EXERCISE BRIEF: The expected output is every entry below, exact in every character.

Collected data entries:
⁂

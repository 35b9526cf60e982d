-- ===== src/Config/Installed.antt =====
-- The policies of a document, and the domains that they are for.
use recordlane.Base.{
  Bool, ℕ, suc, String, ◌≡◌, refl, subst, inl, inr, true, false, none, some, some-eq, List, [], ◌∷◌,
  ◌++◌, arith, str_eq, Bool-cases, Option-cases,
}
use recordlane.Http.{ok}
use recordlane.Policy.{CompiledPolicy}
use recordlane.Review.{Domain, change_where}
use recordlane.Config.{
  Document, domain_pack, domains_mapping, preview, other_document, Settings, Compiler,
}
use recordlane.Config.Snapshot.{Snapshot}
use recordlane.Config.Drafts.{policy_for, configuration_policies, mapped_policies, find_domain}
use recordlane.Config.Approval.{install, set_definition, new_job}

-- A domain is there after the definition of one is set.
find_domain-set :
    {F : Type 0} (key k : String) (p : CompiledPolicy F) (domains : List (Domain F)) (d : Domain F)
    → find_domain key domains ≡ some d
    → (e : Domain F) × (find_domain key
          (change_where (λ d. str_eq d.key k) (λ d. record d { definition = p }) domains)
        ≡ some e)
find_domain-set key k p [] d h = ground arith
find_domain-set key k p (c ∷ rest) d h = elim (Bool-cases (str_eq c.key k)) [
  | inl q ↦ elim (Bool-cases (str_eq c.key key)) [
    | inl r ↦ rw (q, r) (record c { definition = p }, refl)
    | inr r ↦ rw (q, r) (find_domain-set key k p rest d (rw r at h))
  ]
  | inr q ↦ elim (Bool-cases (str_eq c.key key)) [
    | inl r ↦ rw (q, r) (c, refl)
    | inr r ↦ rw (q, r) (find_domain-set key k p rest d (rw r at h))
  ]
]

-- Every policy's domain is there.
abbrev pub have_domains : {F : Type 0} → List (Domain F) → List (String × CompiledPolicy F) → Bool
have_domains domains [] = true
have_domains domains ((key, p) ∷ rest) =
    let later = have_domains domains rest in
    elim (find_domain key domains) [ none ↦ false | some _ ↦ later ]

module _ {D F : Type 0} (compiler : Compiler D F) (definition_hash : CompiledPolicy F → String)
    (hash : Snapshot → String) (by : String) where
  have_domains-set :
      (k : String) (p : CompiledPolicy F) (domains : List (Domain F))
      (policies : List (String × CompiledPolicy F))
      → have_domains domains policies ≡ true
      → have_domains (set_definition compiler definition_hash hash by k p domains) policies ≡ true
  have_domains-set k p domains [] there = refl
  have_domains-set k p domains ((key, q) ∷ rest) there =
      elim (Option-cases (find_domain key domains)) [
        | inl n ↦ let h : false ≡ true = rw (have_domains, n) at there in ground arith
        | inr (d, found) ↦
            let (e, still) = find_domain-set key k p domains d found in
            rw (have_domains, still)
              (have_domains-set k p domains rest (rw (have_domains, found) at there))
      ]

  one_policy-have_domains :
      (domains : List (Domain F)) (key : String) (d : Domain F) (definition : D)
      (policies : List (String × CompiledPolicy F))
      → find_domain key domains ≡ some d
      → policy_for compiler key definition ≡ some policies
      → have_domains domains policies ≡ true
  one_policy-have_domains domains key d definition policies found e =
      elim (Option-cases (compiler.compile definition)) [
        | inl n ↦ let h : none ≡ some policies = rw (policy_for, n) at e in ground arith
        | inr (p, compiled) ↦
            subst (λ ps. have_domains domains ps ≡ true) (some-eq (rw (policy_for, compiled) at e))
              (rw (have_domains, found) refl)
      ]

  mapped_policies-have_domains :
      (domains : List (Domain F)) (entries : List (String × D))
      (policies : List (String × CompiledPolicy F))
      → mapped_policies compiler domains entries ≡ some policies
      → have_domains domains policies ≡ true
  unfolding mapped_policies
  mapped_policies-have_domains domains [] policies e =
      subst (λ ps. have_domains domains ps ≡ true) (some-eq e) refl
  mapped_policies-have_domains domains ((key, definition) ∷ rest) policies e =
      elim (Option-cases (find_domain key domains)) [
        | inl n ↦ let h : none ≡ some policies = rw (mapped_policies, n) at e in ground arith
        | inr (d, found) ↦ elim (Option-cases (compiler.compile definition)) [
          | inl n ↦
              let h : none ≡ some policies = rw (mapped_policies, found, n) at e in ground arith
          | inr (p, compiled) ↦ elim (Option-cases (mapped_policies compiler domains rest)) [
            | inl n ↦
                let h : none ≡ some policies = rw (mapped_policies, found, compiled, n) at e in
                ground arith
            | inr (ps, others) ↦
                subst (λ ps. have_domains domains ps ≡ true)
                  (some-eq (rw (mapped_policies, found, compiled, others) at e))
                  (rw (have_domains, found) (mapped_policies-have_domains domains rest ps others))
          ]
        ]
      ]

  -- The policies of a document are of domains that are there.
  pub configuration_policies-have_domains :
      (domains : List (Domain F)) (document : Document D)
      (policies : List (String × CompiledPolicy F))
      → configuration_policies compiler domains document ≡ some policies
      → have_domains domains policies ≡ true
  unfolding configuration_policies
  configuration_policies-have_domains domains (domain_pack name definition) policies e =
      elim (Option-cases (find_domain name domains)) [
        | inl n ↦ let h : none ≡ some policies = rw (configuration_policies, n) at e in ground arith
        | inr (d, found) ↦
            one_policy-have_domains domains name d definition policies found
              (rw (configuration_policies, found) at e)
      ]
  configuration_policies-have_domains domains (domains_mapping entries) policies e =
      mapped_policies-have_domains domains entries policies e
  configuration_policies-have_domains domains (preview settings) policies e =
      elim (Option-cases (find_domain "supplier" domains)) [
        | inl n ↦ let h : none ≡ some policies = rw (configuration_policies, n) at e in ground arith
        | inr (d, found) ↦
            one_policy-have_domains domains "supplier" d (compiler.adapt settings d.definition)
              policies found (rw (configuration_policies, found) at e)
      ]
  configuration_policies-have_domains domains other_document policies e = ground (arith, e)

  -- The definitions of domains that are there are installed.
  pub install-ok :
      (config_id : ℕ) (policies : List (String × CompiledPolicy F)) (s : Settings D F)
      → have_domains s.store.domains policies ≡ true
      → (t : Settings D F) × (install compiler definition_hash hash by config_id policies s ≡ ok t)
        × (t.configs ≡ s.configs)
  unfolding install
  install-ok config_id [] s there = (s, refl, refl)
  install-ok config_id ((key, p) ∷ rest) s there =
      let next : Settings D F = record s {
        store = record s.store {
          next = suc s.store.next;
          domains = set_definition compiler definition_hash hash by key p s.store.domains;
        };
        jobs = s.jobs ++ new_job compiler definition_hash hash by s.store.next config_id key p ∷ [];
      } in
      elim (Option-cases (find_domain key s.store.domains)) [
        | inl n ↦ let h : false ≡ true = rw (have_domains, n) at there in ground arith
        | inr (d, found) ↦
            let (t, done, same) =
              install-ok config_id rest next
                (have_domains-set key p s.store.domains rest (rw (have_domains, found) at there)) in
            (t, rw (install, found) done, same)
      ]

⁂

FINISHED EXERCISE:
repository 35b9526cf60e982d
-- ===== src/Config/Installed.antt =====
-- The policies of a document, and the domains that they are for.
use recordlane.Base.{
  Bool, ℕ, suc, String, ◌≡◌, refl, subst, inl, inr, true, false, none, some, some-eq, List, [], ◌∷◌,
  ◌++◌, arith, str_eq, Bool-cases, Option-cases,
}
use recordlane.Http.{ok}
use recordlane.Policy.{CompiledPolicy}
use recordlane.Review.{Domain, change_where}
use recordlane.Config.{
  Document, domain_pack, domains_mapping, preview, other_document, Settings, Compiler,
}
use recordlane.Config.Snapshot.{Snapshot}
use recordlane.Config.Drafts.{policy_for, configuration_policies, mapped_policies, find_domain}
use recordlane.Config.Approval.{install, set_definition, new_job}

-- A domain is there after the definition of one is set.
find_domain-set :
    {F : Type 0} (key k : String) (p : CompiledPolicy F) (domains : List (Domain F)) (d : Domain F)
    → find_domain key domains ≡ some d
    → (e : Domain F) × (find_domain key
          (change_where (λ d. str_eq d.key k) (λ d. record d { definition = p }) domains)
        ≡ some e)
find_domain-set key k p [] d h = ground arith
find_domain-set key k p (c ∷ rest) d h = elim (Bool-cases (str_eq c.key k)) [
  | inl q ↦ elim (Bool-cases (str_eq c.key key)) [
    | inl r ↦ rw (q, r) (record c { definition = p }, refl)
    | inr r ↦ rw (q, r) (find_domain-set key k p rest d (rw r at h))
  ]
  | inr q ↦ elim (Bool-cases (str_eq c.key key)) [
    | inl r ↦ rw (q, r) (c, refl)
    | inr r ↦ rw (q, r) (find_domain-set key k p rest d (rw r at h))
  ]
]

-- Every policy's domain is there.
abbrev pub have_domains : {F : Type 0} → List (Domain F) → List (String × CompiledPolicy F) → Bool
have_domains domains [] = true
have_domains domains ((key, p) ∷ rest) =
    let later = have_domains domains rest in
    elim (find_domain key domains) [ none ↦ false | some _ ↦ later ]

module _ {D F : Type 0} (compiler : Compiler D F) (definition_hash : CompiledPolicy F → String)
    (hash : Snapshot → String) (by : String) where
  have_domains-set :
      (k : String) (p : CompiledPolicy F) (domains : List (Domain F))
      (policies : List (String × CompiledPolicy F))
      → have_domains domains policies ≡ true
      → have_domains (set_definition compiler definition_hash hash by k p domains) policies ≡ true
  have_domains-set k p domains [] there = refl
  have_domains-set k p domains ((key, q) ∷ rest) there =
      elim (Option-cases (find_domain key domains)) [
        | inl n ↦ let h : false ≡ true = rw (have_domains, n) at there in ground arith
        | inr (d, found) ↦
            let (e, still) = find_domain-set key k p domains d found in
            rw (have_domains, still)
              (have_domains-set k p domains rest (rw (have_domains, found) at there))
      ]

  one_policy-have_domains :
      (domains : List (Domain F)) (key : String) (d : Domain F) (definition : D)
      (policies : List (String × CompiledPolicy F))
      → find_domain key domains ≡ some d
      → policy_for compiler key definition ≡ some policies
      → have_domains domains policies ≡ true
  one_policy-have_domains domains key d definition policies found e =
      elim (Option-cases (compiler.compile definition)) [
        | inl n ↦ let h : none ≡ some policies = rw (policy_for, n) at e in ground arith
        | inr (p, compiled) ↦
            subst (λ ps. have_domains domains ps ≡ true) (some-eq (rw (policy_for, compiled) at e))
              (rw (have_domains, found) refl)
      ]

  mapped_policies-have_domains :
      (domains : List (Domain F)) (entries : List (String × D))
      (policies : List (String × CompiledPolicy F))
      → mapped_policies compiler domains entries ≡ some policies
      → have_domains domains policies ≡ true
  unfolding mapped_policies
  mapped_policies-have_domains domains [] policies e =
      subst (λ ps. have_domains domains ps ≡ true) (some-eq e) refl
  mapped_policies-have_domains domains ((key, definition) ∷ rest) policies e =
      elim (Option-cases (find_domain key domains)) [
        | inl n ↦ let h : none ≡ some policies = rw (mapped_policies, n) at e in ground arith
        | inr (d, found) ↦ elim (Option-cases (compiler.compile definition)) [
          | inl n ↦
              let h : none ≡ some policies = rw (mapped_policies, found, n) at e in ground arith
          | inr (p, compiled) ↦ elim (Option-cases (mapped_policies compiler domains rest)) [
            | inl n ↦
                let h : none ≡ some policies = rw (mapped_policies, found, compiled, n) at e in
                ground arith
            | inr (ps, others) ↦
                subst (λ ps. have_domains domains ps ≡ true)
                  (some-eq (rw (mapped_policies, found, compiled, others) at e))
                  (rw (have_domains, found) (mapped_policies-have_domains domains rest ps others))
          ]
        ]
      ]

  -- The policies of a document are of domains that are there.
  pub configuration_policies-have_domains :
      (domains : List (Domain F)) (document : Document D)
      (policies : List (String × CompiledPolicy F))
      → configuration_policies compiler domains document ≡ some policies
      → have_domains domains policies ≡ true
  unfolding configuration_policies
  configuration_policies-have_domains domains (domain_pack name definition) policies e =
      elim (Option-cases (find_domain name domains)) [
        | inl n ↦ let h : none ≡ some policies = rw (configuration_policies, n) at e in ground arith
        | inr (d, found) ↦
            one_policy-have_domains domains name d definition policies found
              (rw (configuration_policies, found) at e)
      ]
  configuration_policies-have_domains domains (domains_mapping entries) policies e =
      mapped_policies-have_domains domains entries policies e
  configuration_policies-have_domains domains (preview settings) policies e =
      elim (Option-cases (find_domain "supplier" domains)) [
        | inl n ↦ let h : none ≡ some policies = rw (configuration_policies, n) at e in ground arith
        | inr (d, found) ↦
            one_policy-have_domains domains "supplier" d (compiler.adapt settings d.definition)
              policies found (rw (configuration_policies, found) at e)
      ]
  configuration_policies-have_domains domains other_document policies e = ground (arith, e)

  -- The definitions of domains that are there are installed.
  pub install-ok :
      (config_id : ℕ) (policies : List (String × CompiledPolicy F)) (s : Settings D F)
      → have_domains s.store.domains policies ≡ true
      → (t : Settings D F) × (install compiler definition_hash hash by config_id policies s ≡ ok t)
        × (t.configs ≡ s.configs)
  unfolding install
  install-ok config_id [] s there = (s, refl, refl)
  install-ok config_id ((key, p) ∷ rest) s there =
      let next : Settings D F = record s {
        store = record s.store {
          next = suc s.store.next;
          domains = set_definition compiler definition_hash hash by key p s.store.domains;
        };
        jobs = s.jobs ++ new_job compiler definition_hash hash by s.store.next config_id key p ∷ [];
      } in
      elim (Option-cases (find_domain key s.store.domains)) [
        | inl n ↦ let h : false ≡ true = rw (have_domains, n) at there in ground arith
        | inr (d, found) ↦
            let (t, done, same) =
              install-ok config_id rest next
                (have_domains-set key p s.store.domains rest (rw (have_domains, found) at there)) in
            (t, rw (install, found) done, same)
      ]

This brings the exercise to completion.